_Records:_
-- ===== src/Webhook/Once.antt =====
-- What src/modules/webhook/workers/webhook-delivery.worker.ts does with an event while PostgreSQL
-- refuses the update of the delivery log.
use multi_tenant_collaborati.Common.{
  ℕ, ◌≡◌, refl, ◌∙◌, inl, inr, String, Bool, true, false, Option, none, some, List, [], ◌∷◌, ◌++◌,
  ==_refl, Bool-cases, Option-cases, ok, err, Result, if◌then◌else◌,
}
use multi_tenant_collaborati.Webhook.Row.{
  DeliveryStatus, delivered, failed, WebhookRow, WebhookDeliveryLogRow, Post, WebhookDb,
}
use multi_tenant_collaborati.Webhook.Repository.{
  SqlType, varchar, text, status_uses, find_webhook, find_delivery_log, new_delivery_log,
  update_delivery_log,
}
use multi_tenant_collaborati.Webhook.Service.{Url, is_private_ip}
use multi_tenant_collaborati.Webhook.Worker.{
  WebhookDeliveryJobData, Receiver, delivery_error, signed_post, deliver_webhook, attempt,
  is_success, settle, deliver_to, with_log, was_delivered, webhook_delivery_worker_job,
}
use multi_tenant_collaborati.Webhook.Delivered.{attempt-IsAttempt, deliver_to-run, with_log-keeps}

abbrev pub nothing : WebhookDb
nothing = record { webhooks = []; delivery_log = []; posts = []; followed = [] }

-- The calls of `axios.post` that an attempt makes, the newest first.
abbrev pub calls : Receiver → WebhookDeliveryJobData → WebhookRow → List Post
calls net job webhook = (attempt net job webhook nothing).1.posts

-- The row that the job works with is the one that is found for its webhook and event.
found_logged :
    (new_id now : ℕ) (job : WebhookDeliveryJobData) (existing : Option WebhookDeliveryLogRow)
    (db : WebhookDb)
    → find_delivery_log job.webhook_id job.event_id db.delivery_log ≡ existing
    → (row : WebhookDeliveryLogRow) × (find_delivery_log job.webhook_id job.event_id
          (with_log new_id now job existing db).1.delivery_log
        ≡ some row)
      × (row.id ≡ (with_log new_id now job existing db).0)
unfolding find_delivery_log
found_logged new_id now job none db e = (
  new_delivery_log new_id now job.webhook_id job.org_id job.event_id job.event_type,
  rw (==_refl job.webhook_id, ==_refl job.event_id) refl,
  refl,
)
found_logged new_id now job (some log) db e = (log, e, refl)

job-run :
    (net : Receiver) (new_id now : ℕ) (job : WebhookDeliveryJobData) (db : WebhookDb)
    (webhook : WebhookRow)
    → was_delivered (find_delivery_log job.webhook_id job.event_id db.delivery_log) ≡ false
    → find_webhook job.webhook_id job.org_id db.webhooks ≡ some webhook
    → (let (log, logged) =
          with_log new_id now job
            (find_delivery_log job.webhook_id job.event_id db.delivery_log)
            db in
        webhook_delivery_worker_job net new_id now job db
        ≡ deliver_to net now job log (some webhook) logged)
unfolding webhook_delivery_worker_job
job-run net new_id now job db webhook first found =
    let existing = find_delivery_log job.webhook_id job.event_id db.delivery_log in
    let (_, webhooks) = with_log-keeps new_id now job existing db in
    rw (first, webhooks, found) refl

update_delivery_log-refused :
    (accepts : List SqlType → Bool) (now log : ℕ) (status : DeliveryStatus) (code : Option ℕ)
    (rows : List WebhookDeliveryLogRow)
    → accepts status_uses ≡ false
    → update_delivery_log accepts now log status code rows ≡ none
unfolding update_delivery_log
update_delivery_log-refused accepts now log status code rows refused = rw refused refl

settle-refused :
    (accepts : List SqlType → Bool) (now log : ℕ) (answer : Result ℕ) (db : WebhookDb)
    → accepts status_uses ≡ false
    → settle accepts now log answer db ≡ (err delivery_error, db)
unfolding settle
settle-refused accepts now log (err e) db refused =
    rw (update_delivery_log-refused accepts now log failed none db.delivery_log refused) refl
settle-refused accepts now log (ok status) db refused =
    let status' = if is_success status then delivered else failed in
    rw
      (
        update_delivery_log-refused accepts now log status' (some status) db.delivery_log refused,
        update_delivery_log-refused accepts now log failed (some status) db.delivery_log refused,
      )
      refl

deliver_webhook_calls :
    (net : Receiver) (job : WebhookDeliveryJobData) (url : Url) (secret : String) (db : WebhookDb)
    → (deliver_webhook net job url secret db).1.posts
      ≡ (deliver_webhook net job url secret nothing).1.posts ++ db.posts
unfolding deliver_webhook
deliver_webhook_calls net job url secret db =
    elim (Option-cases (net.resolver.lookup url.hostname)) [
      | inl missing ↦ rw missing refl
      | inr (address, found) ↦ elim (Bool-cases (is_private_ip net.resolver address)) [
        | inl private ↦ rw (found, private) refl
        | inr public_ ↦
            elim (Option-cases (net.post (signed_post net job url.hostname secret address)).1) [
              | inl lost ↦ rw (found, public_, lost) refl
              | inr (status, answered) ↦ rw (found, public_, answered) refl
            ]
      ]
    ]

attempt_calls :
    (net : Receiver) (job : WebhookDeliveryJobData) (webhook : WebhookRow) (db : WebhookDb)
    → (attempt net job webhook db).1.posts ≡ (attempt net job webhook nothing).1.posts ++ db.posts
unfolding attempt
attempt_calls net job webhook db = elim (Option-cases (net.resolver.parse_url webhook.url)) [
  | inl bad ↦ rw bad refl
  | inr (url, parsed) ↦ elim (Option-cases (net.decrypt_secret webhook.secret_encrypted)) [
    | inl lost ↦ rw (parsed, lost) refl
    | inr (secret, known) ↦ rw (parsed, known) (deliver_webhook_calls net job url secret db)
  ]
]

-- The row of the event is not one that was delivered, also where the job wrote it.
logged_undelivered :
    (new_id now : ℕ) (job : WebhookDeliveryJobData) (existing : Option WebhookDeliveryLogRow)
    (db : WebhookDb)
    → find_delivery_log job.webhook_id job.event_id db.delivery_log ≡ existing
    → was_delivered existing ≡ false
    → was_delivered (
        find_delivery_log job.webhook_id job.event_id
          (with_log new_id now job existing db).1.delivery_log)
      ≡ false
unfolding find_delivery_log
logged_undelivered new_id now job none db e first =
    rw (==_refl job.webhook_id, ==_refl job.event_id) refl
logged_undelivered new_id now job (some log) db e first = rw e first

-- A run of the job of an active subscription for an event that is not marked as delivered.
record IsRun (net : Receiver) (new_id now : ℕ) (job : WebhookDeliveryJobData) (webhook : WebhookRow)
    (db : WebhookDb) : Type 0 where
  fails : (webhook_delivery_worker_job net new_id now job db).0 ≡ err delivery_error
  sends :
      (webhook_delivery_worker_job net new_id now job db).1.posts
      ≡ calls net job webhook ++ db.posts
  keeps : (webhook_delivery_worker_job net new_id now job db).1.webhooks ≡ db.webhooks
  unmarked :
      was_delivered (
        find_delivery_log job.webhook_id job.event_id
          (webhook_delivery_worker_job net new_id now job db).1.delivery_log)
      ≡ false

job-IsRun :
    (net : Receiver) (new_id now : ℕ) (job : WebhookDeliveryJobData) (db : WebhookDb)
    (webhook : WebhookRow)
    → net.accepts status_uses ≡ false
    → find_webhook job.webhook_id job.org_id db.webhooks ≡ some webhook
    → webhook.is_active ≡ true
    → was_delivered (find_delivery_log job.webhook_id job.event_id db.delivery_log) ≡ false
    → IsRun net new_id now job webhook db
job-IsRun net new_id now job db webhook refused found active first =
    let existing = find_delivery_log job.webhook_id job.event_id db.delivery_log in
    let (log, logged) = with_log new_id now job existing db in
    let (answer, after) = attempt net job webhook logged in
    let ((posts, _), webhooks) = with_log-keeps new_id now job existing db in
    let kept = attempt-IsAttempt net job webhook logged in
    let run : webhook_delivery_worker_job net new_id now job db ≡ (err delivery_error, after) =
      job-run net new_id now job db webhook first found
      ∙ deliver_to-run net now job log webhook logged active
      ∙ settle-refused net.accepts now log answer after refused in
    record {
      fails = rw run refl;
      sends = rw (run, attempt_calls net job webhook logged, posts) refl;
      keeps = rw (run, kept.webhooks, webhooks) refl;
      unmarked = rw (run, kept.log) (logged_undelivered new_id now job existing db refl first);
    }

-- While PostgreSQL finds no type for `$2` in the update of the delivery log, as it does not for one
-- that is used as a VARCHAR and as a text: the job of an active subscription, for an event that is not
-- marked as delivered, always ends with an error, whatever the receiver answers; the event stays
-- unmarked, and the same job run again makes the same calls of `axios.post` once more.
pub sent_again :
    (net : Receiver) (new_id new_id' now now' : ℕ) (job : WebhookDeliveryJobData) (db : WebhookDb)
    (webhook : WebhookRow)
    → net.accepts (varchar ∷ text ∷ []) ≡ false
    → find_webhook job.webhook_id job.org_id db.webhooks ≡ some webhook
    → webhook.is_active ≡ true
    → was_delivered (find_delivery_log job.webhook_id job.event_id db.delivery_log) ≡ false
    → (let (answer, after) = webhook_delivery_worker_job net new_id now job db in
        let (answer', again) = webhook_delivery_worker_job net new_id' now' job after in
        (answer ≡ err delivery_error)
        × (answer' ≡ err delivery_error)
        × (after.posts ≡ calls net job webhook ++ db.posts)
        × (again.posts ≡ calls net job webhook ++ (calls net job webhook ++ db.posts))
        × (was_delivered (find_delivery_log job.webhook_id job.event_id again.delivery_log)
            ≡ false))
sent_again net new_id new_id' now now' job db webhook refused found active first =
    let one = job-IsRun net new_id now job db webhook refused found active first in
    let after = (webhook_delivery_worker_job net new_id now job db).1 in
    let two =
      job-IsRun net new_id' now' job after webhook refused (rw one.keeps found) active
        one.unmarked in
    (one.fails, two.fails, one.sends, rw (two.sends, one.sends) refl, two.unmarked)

* * *

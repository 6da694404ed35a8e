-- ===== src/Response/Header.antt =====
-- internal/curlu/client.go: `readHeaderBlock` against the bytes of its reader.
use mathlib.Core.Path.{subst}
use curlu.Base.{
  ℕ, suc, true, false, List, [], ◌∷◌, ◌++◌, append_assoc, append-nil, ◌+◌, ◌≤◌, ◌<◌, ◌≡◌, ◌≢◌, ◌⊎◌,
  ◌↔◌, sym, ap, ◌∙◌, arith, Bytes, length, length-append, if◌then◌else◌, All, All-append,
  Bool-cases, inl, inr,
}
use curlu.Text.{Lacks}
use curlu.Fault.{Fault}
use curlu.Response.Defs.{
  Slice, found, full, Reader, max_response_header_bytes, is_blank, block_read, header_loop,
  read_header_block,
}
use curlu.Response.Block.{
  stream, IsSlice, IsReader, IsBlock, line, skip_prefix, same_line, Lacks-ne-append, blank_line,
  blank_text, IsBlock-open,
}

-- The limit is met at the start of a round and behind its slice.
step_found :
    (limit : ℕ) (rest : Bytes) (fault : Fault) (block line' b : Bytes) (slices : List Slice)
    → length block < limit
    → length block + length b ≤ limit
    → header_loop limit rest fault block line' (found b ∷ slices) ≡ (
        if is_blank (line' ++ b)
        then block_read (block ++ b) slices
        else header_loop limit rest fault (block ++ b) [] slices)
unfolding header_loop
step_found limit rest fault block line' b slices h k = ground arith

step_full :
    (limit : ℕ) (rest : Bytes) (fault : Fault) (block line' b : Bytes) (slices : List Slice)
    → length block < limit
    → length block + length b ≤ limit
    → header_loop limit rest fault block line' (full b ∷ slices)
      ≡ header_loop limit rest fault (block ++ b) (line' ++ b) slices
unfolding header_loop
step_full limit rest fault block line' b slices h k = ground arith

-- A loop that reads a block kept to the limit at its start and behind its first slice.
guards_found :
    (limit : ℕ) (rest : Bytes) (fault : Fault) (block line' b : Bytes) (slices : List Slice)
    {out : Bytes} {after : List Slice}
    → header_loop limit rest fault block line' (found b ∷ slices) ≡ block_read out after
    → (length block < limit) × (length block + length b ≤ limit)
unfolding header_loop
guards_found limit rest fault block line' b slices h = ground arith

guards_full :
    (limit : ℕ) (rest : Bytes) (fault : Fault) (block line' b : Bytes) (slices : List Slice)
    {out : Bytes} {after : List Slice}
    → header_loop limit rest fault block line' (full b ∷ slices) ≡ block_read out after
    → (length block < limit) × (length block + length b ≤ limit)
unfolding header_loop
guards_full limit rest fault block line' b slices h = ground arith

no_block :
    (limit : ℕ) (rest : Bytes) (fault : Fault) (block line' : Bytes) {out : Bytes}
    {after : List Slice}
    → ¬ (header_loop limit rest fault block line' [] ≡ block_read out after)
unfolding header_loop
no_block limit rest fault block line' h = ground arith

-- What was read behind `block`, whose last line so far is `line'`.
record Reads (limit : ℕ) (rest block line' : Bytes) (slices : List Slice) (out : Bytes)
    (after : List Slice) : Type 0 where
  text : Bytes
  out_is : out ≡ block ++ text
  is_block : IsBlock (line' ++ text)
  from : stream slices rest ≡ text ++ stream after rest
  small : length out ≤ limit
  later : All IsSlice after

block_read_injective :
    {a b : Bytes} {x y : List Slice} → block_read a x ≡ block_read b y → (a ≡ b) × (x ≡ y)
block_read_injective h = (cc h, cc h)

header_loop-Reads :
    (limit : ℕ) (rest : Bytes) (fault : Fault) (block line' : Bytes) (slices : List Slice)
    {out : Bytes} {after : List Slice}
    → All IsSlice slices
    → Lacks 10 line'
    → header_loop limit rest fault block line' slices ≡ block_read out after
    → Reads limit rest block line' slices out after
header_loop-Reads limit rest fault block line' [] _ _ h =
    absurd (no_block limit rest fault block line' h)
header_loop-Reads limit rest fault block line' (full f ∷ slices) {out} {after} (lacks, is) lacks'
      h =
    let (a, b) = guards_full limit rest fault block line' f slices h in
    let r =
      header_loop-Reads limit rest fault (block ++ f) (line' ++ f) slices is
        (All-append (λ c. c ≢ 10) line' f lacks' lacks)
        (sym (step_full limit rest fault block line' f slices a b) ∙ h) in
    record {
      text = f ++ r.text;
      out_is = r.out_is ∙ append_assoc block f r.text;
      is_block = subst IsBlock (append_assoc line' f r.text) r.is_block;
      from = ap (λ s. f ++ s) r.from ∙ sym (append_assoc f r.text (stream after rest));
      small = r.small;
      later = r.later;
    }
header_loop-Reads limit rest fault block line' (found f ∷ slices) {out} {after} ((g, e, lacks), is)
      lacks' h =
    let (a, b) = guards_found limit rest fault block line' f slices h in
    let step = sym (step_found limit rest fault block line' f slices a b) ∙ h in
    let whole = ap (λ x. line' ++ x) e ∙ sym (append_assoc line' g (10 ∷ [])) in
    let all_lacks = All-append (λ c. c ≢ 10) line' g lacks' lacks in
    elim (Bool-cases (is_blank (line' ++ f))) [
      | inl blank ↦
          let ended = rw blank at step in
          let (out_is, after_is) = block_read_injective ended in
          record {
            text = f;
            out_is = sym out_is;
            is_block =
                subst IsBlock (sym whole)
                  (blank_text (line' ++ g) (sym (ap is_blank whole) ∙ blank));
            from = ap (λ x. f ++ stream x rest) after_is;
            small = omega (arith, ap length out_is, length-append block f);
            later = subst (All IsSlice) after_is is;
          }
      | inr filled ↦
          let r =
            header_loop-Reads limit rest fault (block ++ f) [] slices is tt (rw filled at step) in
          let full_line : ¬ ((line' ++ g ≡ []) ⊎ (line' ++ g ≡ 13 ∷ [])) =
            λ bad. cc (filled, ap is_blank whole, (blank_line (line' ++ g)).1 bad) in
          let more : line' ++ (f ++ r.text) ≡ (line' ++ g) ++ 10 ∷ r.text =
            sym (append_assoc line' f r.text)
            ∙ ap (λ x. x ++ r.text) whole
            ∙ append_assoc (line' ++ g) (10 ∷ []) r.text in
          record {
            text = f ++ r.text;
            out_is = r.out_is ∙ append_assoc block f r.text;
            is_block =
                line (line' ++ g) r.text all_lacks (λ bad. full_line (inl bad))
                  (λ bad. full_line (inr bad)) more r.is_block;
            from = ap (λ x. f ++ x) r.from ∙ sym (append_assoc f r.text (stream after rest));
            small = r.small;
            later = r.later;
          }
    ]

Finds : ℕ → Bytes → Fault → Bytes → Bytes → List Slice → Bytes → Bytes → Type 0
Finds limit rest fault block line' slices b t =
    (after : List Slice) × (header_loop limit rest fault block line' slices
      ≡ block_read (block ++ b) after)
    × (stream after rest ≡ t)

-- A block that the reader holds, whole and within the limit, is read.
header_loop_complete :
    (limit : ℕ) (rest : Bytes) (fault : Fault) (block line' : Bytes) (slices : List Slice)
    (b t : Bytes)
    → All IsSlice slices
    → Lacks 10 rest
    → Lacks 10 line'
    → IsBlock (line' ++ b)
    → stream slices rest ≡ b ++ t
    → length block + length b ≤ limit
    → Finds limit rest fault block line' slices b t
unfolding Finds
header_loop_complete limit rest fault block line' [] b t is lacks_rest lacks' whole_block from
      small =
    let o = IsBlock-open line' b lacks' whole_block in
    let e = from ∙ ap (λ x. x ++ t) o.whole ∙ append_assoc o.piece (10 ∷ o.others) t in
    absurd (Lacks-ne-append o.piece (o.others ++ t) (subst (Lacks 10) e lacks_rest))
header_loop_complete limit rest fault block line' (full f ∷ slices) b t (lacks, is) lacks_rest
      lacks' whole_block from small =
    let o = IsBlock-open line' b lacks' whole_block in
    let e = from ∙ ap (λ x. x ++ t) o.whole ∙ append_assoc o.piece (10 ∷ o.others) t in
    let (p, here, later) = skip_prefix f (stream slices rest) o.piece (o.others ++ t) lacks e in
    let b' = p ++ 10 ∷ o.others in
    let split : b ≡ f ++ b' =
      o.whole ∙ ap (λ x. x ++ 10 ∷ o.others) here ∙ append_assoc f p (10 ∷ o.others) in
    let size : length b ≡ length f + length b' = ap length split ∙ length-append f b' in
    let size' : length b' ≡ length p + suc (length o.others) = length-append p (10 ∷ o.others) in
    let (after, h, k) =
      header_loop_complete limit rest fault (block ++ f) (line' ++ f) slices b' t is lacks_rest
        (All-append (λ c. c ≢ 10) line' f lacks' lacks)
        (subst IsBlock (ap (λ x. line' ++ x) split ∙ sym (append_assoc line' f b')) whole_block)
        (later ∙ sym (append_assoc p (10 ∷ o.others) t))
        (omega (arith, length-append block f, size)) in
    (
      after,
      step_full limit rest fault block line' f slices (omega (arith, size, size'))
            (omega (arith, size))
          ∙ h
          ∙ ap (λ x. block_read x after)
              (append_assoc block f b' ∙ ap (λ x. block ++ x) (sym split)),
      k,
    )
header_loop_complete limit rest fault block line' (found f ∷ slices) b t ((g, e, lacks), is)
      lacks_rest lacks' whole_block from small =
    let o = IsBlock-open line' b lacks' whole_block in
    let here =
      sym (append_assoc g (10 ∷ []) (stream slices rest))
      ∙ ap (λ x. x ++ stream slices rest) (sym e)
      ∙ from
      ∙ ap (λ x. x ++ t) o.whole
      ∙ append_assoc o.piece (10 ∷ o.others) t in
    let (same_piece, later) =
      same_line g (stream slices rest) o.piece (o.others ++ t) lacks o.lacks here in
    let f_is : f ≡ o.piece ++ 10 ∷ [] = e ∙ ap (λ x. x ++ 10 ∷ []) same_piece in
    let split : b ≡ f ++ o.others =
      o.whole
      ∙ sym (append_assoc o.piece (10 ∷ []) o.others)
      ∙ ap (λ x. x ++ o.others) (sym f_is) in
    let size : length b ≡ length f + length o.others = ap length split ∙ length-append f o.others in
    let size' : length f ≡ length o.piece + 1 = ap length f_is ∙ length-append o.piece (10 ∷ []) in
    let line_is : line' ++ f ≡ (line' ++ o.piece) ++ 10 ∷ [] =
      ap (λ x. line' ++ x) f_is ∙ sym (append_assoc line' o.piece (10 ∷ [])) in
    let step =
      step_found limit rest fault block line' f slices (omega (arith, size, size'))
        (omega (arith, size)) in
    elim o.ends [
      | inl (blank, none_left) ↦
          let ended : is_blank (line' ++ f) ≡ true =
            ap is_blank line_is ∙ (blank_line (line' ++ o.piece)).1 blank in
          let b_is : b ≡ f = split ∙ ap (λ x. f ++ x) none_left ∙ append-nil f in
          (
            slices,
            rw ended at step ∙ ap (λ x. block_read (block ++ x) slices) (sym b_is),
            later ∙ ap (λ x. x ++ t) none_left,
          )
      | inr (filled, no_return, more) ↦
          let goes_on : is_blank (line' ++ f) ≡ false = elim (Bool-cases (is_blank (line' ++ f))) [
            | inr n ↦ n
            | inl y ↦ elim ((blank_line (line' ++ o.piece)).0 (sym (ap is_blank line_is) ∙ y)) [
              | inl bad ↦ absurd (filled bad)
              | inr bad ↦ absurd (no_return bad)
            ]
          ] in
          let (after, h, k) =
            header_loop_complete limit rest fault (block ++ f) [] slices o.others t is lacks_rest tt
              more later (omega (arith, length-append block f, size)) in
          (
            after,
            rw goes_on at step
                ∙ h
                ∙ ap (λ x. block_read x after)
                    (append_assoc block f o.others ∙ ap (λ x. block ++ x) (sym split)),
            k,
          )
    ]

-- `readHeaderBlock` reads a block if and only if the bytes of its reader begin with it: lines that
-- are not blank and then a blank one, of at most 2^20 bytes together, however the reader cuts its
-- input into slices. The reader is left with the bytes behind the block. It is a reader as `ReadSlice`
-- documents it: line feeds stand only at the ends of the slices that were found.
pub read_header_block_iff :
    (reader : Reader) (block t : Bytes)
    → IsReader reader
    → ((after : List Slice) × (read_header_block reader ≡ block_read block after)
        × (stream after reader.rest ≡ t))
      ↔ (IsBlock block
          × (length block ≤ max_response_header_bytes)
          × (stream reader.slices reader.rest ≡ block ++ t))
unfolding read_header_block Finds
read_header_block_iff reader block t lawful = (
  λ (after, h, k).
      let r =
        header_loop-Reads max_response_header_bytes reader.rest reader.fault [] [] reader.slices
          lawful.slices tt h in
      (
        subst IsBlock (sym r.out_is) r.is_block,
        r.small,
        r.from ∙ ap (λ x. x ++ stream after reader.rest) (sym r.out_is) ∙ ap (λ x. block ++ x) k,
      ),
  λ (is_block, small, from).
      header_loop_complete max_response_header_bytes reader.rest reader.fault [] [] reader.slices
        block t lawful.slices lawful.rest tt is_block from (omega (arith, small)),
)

_Work required:_ When the word "nothing" shows up in a line of the entries, pull that line out.

_Final answer:_
abbrev pub nothing : WebhookDb
nothing = record { webhooks = []; delivery_log = []; posts = []; followed = [] }
calls net job webhook = (attempt net job webhook nothing).1.posts
      ≡ (deliver_webhook net job url secret nothing).1.posts ++ db.posts
    → (attempt net job webhook db).1.posts ≡ (attempt net job webhook nothing).1.posts ++ db.posts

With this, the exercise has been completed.